• _Assignment_: The required output is every line from the beginning of the entries below through the line that includes "-- A pool that", copied exactly.
---- Provided data
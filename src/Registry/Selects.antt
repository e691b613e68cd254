-- ===== src/Registry/Selects.antt =====
-- internal/hub/hub.go: `SelectBackend` leaves the backends of every pool.
use nexus_proxy_server.Common.{
  ℕ, ◌≡◌, refl, sym, subst, ap, ◌∙◌, ◌==◌, bytes_eq, bytes_beq_iff, Bytes, List, [], ◌∷◌, Option,
  none, some, ◌>>=◌, lookup, lookup-insert, arith, Bool-cases, Option-cases, inl, inr,
}
use nexus_proxy_server.Common.SwapRemove.{count_key}
use nexus_proxy_server.Hostnames.{first_dot_suffix}
use nexus_proxy_server.Balancer.{Backend, id_of, LoadBalancerPool, Selected, select, select_loop}
use nexus_proxy_server.Registry.Defs.{
  Hub, Slot, exact, wild, put_pool, select_in, found_at, wildcard_pool, select_backend,
}
use nexus_proxy_server.Registry.Slots.{times, at}

select-backends :
    (fuel : ℕ) (p q : LoadBalancerPool) (r : Selected) (bs : List Backend)
    → p.backends ≡ bs
    → select fuel p ≡ some (r, q)
    → q.backends ≡ p.backends
unfolding select
select-backends fuel p q r [] e h = ground (arith, e, h)
select-backends fuel p q r (b ∷ []) e h = ground (arith, e, h)
select-backends fuel p q r (b ∷ c ∷ cs) e h =
    elim (Option-cases
      (select_loop fuel p.greatest_common_div (b ∷ c ∷ cs) p.next_index p.current_weight)) [
        | inl none_there ↦ absurd (ground (arith, e, h, none_there))
        | inr (out, found) ↦ ground (arith, e, h, found)
      ]

put_pool-times :
    (s q : Slot) (a : ℕ) (p : LoadBalancerPool) (h : Hub)
    → times a (some p) ≡ times a (at s h)
    → times a (at q (put_pool s p h)) ≡ times a (at q h)
unfolding put_pool
put_pool-times (exact key) (wild k) a p h e = refl
put_pool-times (wild key) (exact k) a p h e = refl
put_pool-times (exact key) (exact k) a p h e =
    ap (times a) (lookup-insert key k p h.pools) ∙ elim (Bool-cases (key == k)) [
      | inr other ↦ rw other refl
      | inl same ↦ rw same (e ∙ ap (λ x. times a (lookup x h.pools)) ((bytes_beq_iff key k).0 same))
    ]
put_pool-times (wild key) (wild k) a p h e =
    ap (times a) (lookup-insert key k p h.wildcard_pools) ∙ elim (Bool-cases (key == k)) [
      | inr other ↦ rw other refl
      | inl same ↦
          rw same (e ∙ ap (λ x. times a (lookup x h.wildcard_pools)) ((bytes_beq_iff key k).0 same))
    ]

-- A pool that was found is the one of its slot.
abbrev IsFound : Hub → Option (Slot × LoadBalancerPool) → Type 0
IsFound h none = Unit {0}
IsFound h (some (s, p)) = at s h ≡ some p

found_at-IsFound :
    (s : Slot) (o : Option LoadBalancerPool) (h : Hub) → at s h ≡ o → IsFound h (found_at s o)
unfolding found_at
found_at-IsFound s none h e = tt
found_at-IsFound s (some p) h e = e

wildcard_pool-IsFound : (o : Option Bytes) (h : Hub) → IsFound h (wildcard_pool o h)
unfolding wildcard_pool
wildcard_pool-IsFound none h = tt
wildcard_pool-IsFound (some s) h = found_at-IsFound (wild s) (lookup s h.wildcard_pools) h refl

abbrev hub_of : Hub → Option (Option Selected × Hub) → Hub
hub_of h none = h
hub_of h (some (r, g)) = g

select_in-times :
    (fuel : ℕ) (h : Hub) (found : Option (Slot × LoadBalancerPool)) (q : Slot) (a : ℕ)
    → IsFound h found
    → times a (at q (hub_of h (select_in fuel h found))) ≡ times a (at q h)
unfolding select_in
select_in-times fuel h none q a e = refl
select_in-times fuel h (some (s, p)) q a e =
    let goes_on : Selected × LoadBalancerPool → Option (Option Selected × Hub) =
      λ x. some (some x.0, put_pool s x.1 h) in
    let counted : Option (Selected × LoadBalancerPool) → ℕ =
      λ o. times a (at q (hub_of h (o >>= goes_on))) in
    elim (Option-cases (select fuel p)) [
      | inl none_there ↦ ap counted none_there
      | inr ((r, g), out) ↦
          let same = select-backends fuel p g r p.backends refl out in
          let held = ap (count_key id_of a) same ∙ ap (times a) (sym e) in
          ap counted out ∙ put_pool-times s q a g h held
    ]

-- No pool holds another backend after a selection.
pub select_backend-times :
    (to_ascii : Bytes → Option Bytes) (fuel : ℕ) (hostname : Bytes) (h g : Hub)
    (r : Option Selected) (q : Slot) (a : ℕ)
    → select_backend to_ascii fuel hostname h ≡ some (r, g)
    → times a (at q g) ≡ times a (at q h)
unfolding select_backend
select_backend-times to_ascii fuel hostname h g r q a e =
    let exactly = found_at (exact hostname) (lookup hostname h.pools) in
    let wildly = wildcard_pool (first_dot_suffix to_ascii hostname) h in
    elim (Option-cases exactly) [
      | inl none_there ↦
          ap (λ o. times a (at q (hub_of h o)))
            (sym (
              ap (λ o. select_in fuel h (elim o [ some found ↦ some found | none ↦ wildly ]))
                (sym none_there)
              ∙ e))
          ∙ select_in-times fuel h wildly q a
              (wildcard_pool-IsFound (first_dot_suffix to_ascii hostname) h)
      | inr (found, there) ↦
          ap (λ o. times a (at q (hub_of h o)))
            (sym (
              ap (λ o. select_in fuel h (elim o [ some x ↦ some x | none ↦ wildly ])) (sym there)
              ∙ e))
          ∙ select_in-times fuel h (some found) q a (
              subst (IsFound h) there
                (found_at-IsFound (exact hostname) (lookup hostname h.pools) h refl))
    ]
--------
• _Response to the task_:
filename src/Registry/Selects.antt
repository e691b613e68cd254
-- ===== src/Registry/Selects.antt =====
-- internal/hub/hub.go: `SelectBackend` leaves the backends of every pool.
use nexus_proxy_server.Common.{
  ℕ, ◌≡◌, refl, sym, subst, ap, ◌∙◌, ◌==◌, bytes_eq, bytes_beq_iff, Bytes, List, [], ◌∷◌, Option,
  none, some, ◌>>=◌, lookup, lookup-insert, arith, Bool-cases, Option-cases, inl, inr,
}
use nexus_proxy_server.Common.SwapRemove.{count_key}
use nexus_proxy_server.Hostnames.{first_dot_suffix}
use nexus_proxy_server.Balancer.{Backend, id_of, LoadBalancerPool, Selected, select, select_loop}
use nexus_proxy_server.Registry.Defs.{
  Hub, Slot, exact, wild, put_pool, select_in, found_at, wildcard_pool, select_backend,
}
use nexus_proxy_server.Registry.Slots.{times, at}

select-backends :
    (fuel : ℕ) (p q : LoadBalancerPool) (r : Selected) (bs : List Backend)
    → p.backends ≡ bs
    → select fuel p ≡ some (r, q)
    → q.backends ≡ p.backends
unfolding select
select-backends fuel p q r [] e h = ground (arith, e, h)
select-backends fuel p q r (b ∷ []) e h = ground (arith, e, h)
select-backends fuel p q r (b ∷ c ∷ cs) e h =
    elim (Option-cases
      (select_loop fuel p.greatest_common_div (b ∷ c ∷ cs) p.next_index p.current_weight)) [
        | inl none_there ↦ absurd (ground (arith, e, h, none_there))
        | inr (out, found) ↦ ground (arith, e, h, found)
      ]

put_pool-times :
    (s q : Slot) (a : ℕ) (p : LoadBalancerPool) (h : Hub)
    → times a (some p) ≡ times a (at s h)
    → times a (at q (put_pool s p h)) ≡ times a (at q h)
unfolding put_pool
put_pool-times (exact key) (wild k) a p h e = refl
put_pool-times (wild key) (exact k) a p h e = refl
put_pool-times (exact key) (exact k) a p h e =
    ap (times a) (lookup-insert key k p h.pools) ∙ elim (Bool-cases (key == k)) [
      | inr other ↦ rw other refl
      | inl same ↦ rw same (e ∙ ap (λ x. times a (lookup x h.pools)) ((bytes_beq_iff key k).0 same))
    ]
put_pool-times (wild key) (wild k) a p h e =
    ap (times a) (lookup-insert key k p h.wildcard_pools) ∙ elim (Bool-cases (key == k)) [
      | inr other ↦ rw other refl
      | inl same ↦
          rw same (e ∙ ap (λ x. times a (lookup x h.wildcard_pools)) ((bytes_beq_iff key k).0 same))
    ]

-- A pool that was found is the one of its slot.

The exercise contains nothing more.